(Stored items)
- - -
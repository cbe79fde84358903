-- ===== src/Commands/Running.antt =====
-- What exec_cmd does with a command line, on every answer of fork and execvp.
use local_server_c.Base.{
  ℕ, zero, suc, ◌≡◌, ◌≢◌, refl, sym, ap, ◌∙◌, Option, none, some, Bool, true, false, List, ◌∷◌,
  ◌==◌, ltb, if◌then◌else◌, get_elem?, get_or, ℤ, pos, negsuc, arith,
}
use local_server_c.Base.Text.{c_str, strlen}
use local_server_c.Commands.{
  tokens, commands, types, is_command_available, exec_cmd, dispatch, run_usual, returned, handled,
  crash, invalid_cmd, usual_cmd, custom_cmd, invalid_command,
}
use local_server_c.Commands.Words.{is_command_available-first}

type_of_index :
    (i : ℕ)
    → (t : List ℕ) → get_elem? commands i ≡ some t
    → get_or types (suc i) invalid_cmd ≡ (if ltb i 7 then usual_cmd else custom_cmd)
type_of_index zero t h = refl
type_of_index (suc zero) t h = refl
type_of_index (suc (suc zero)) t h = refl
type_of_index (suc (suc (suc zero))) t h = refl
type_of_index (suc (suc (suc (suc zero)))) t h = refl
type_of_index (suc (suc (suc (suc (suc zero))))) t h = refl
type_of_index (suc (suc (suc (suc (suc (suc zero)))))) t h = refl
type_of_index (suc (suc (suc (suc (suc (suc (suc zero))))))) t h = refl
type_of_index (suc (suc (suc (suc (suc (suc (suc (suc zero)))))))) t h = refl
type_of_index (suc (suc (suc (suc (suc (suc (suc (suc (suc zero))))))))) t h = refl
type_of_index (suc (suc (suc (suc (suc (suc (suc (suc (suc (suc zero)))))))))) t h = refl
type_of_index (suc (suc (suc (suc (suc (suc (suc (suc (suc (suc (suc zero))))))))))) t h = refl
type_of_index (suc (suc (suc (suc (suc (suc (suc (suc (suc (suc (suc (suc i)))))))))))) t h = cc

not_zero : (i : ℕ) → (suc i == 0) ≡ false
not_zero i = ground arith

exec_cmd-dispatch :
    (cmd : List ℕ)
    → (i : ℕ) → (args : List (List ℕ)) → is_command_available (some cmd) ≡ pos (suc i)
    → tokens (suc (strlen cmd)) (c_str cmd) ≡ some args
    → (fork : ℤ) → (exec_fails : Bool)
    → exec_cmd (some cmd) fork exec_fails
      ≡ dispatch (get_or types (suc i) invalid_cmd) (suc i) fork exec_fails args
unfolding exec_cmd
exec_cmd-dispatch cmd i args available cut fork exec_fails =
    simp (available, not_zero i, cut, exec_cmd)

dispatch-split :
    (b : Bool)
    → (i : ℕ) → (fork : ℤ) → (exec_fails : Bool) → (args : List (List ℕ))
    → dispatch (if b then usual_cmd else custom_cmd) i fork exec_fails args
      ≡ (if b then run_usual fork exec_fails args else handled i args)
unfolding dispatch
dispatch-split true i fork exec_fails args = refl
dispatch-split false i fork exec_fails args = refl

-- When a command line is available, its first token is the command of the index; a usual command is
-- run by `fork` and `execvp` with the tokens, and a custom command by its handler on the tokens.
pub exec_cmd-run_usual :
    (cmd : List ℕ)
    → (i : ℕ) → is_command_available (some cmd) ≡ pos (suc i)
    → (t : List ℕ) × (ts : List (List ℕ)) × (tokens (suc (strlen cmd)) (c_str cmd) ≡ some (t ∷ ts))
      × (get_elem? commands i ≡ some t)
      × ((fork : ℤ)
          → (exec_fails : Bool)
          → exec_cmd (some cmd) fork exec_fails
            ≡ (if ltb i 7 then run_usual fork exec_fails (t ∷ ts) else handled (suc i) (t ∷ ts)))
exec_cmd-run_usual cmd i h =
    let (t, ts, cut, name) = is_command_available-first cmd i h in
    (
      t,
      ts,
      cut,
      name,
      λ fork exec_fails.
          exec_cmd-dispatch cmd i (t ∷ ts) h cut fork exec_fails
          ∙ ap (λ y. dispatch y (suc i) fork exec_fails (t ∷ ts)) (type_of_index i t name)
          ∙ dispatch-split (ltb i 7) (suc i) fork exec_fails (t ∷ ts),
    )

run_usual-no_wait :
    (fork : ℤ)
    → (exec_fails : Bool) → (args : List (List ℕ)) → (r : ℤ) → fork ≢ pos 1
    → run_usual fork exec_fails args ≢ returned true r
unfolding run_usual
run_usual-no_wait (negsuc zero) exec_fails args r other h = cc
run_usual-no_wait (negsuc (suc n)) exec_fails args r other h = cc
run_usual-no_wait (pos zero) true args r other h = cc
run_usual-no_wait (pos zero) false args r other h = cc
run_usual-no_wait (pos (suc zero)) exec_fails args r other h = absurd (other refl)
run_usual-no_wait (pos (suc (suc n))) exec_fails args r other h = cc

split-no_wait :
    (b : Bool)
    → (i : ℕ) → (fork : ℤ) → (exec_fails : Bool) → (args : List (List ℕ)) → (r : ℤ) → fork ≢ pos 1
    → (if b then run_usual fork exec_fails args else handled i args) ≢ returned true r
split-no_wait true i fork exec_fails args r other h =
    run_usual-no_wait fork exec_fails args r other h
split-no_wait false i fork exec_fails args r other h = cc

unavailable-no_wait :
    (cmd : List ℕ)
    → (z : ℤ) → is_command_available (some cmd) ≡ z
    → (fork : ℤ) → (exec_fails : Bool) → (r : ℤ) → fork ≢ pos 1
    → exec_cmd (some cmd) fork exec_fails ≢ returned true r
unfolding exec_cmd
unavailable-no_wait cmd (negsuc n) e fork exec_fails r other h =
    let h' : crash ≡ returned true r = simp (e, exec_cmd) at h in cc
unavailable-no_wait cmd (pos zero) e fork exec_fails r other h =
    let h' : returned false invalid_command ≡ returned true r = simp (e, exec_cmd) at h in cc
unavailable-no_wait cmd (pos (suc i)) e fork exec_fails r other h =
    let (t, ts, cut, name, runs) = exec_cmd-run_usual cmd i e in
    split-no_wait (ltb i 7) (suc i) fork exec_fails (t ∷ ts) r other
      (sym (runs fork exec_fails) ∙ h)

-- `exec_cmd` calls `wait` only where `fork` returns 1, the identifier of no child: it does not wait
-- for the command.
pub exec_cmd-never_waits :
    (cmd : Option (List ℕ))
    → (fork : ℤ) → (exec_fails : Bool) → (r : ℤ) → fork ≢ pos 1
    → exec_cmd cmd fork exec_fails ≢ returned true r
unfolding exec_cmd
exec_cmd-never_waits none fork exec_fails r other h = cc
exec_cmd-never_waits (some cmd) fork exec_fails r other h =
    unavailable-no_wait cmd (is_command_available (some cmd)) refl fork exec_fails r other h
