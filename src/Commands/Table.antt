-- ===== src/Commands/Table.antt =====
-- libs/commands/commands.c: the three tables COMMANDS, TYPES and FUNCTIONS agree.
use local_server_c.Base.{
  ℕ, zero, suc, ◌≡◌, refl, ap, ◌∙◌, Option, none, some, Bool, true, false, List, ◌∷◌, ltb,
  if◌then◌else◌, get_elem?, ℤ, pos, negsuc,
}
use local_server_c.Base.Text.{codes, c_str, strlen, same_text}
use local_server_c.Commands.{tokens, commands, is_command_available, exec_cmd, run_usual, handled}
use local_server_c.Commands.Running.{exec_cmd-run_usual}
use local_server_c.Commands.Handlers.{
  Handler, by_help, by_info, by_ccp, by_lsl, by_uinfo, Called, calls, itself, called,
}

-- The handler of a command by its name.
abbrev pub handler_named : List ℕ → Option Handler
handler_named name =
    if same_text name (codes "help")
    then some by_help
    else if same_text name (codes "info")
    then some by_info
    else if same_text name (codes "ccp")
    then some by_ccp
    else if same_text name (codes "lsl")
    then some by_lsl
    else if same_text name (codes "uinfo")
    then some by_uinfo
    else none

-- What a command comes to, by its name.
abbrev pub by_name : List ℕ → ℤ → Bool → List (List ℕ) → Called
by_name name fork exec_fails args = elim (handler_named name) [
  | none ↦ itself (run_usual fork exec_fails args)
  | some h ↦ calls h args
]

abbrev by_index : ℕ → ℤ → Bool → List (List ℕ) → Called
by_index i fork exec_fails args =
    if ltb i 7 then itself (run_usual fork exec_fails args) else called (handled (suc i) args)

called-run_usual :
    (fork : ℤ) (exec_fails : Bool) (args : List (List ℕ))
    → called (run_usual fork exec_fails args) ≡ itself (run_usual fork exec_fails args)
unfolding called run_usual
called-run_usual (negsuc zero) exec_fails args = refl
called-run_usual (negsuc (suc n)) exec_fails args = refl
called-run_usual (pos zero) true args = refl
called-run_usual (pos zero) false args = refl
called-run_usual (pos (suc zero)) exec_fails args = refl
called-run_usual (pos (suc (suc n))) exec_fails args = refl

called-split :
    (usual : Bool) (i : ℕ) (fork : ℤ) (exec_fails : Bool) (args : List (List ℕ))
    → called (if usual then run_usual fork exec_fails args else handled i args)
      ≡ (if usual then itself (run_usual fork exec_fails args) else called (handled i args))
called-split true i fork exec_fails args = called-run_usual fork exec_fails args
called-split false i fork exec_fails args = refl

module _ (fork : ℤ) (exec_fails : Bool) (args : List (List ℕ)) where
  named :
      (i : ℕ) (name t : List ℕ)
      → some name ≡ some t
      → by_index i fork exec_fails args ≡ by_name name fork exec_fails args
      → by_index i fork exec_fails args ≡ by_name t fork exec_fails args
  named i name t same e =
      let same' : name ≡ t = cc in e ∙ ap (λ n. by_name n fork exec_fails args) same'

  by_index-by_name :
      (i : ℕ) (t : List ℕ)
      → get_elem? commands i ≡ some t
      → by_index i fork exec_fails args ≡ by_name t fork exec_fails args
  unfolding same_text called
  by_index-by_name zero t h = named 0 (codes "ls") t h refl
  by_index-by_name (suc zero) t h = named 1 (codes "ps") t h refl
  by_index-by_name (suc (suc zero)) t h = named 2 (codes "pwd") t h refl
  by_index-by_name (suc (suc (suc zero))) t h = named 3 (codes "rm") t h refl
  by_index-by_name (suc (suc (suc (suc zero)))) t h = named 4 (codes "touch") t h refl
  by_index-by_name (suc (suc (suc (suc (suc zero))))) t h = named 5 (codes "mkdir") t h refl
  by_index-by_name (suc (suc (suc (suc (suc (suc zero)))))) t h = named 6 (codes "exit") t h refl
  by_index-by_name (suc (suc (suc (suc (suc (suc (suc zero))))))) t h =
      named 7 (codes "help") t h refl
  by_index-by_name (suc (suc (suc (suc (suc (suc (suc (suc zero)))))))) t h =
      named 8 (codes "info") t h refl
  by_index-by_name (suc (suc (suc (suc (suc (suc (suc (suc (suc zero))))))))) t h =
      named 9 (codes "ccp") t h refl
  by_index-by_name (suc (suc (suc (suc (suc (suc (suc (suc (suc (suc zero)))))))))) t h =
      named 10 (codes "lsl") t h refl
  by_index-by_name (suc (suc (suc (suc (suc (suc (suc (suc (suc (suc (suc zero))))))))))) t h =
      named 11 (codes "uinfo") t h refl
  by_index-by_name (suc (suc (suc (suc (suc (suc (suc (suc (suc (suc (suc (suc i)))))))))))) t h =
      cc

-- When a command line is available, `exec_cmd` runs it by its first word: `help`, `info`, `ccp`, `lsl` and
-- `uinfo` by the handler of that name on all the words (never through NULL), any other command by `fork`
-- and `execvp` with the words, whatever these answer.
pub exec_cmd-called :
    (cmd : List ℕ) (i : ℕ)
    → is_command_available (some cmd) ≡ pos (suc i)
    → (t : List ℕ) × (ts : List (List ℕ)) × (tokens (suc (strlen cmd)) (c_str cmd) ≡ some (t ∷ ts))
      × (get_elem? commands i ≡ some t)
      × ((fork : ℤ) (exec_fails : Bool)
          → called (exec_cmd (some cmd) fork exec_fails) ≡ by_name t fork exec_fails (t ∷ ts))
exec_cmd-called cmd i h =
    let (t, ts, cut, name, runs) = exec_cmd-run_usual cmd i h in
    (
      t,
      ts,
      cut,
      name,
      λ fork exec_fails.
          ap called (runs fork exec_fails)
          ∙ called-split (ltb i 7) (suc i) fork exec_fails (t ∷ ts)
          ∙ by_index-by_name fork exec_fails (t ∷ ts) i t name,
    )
- - -
Scan the records above for the lines holding "args) ≡ itself (run_usual fork exec_fails args)" and "called-run_usual (pos (suc zero))". Transcribe those two and every line between them word for word, and no others.

__Answer section__:
    → called (run_usual fork exec_fails args) ≡ itself (run_usual fork exec_fails args)
unfolding called run_usual
called-run_usual (negsuc zero) exec_fails args = refl
called-run_usual (negsuc (suc n)) exec_fails args = refl
called-run_usual (pos zero) true args = refl
called-run_usual (pos zero) false args = refl
called-run_usual (pos (suc zero)) exec_fails args = refl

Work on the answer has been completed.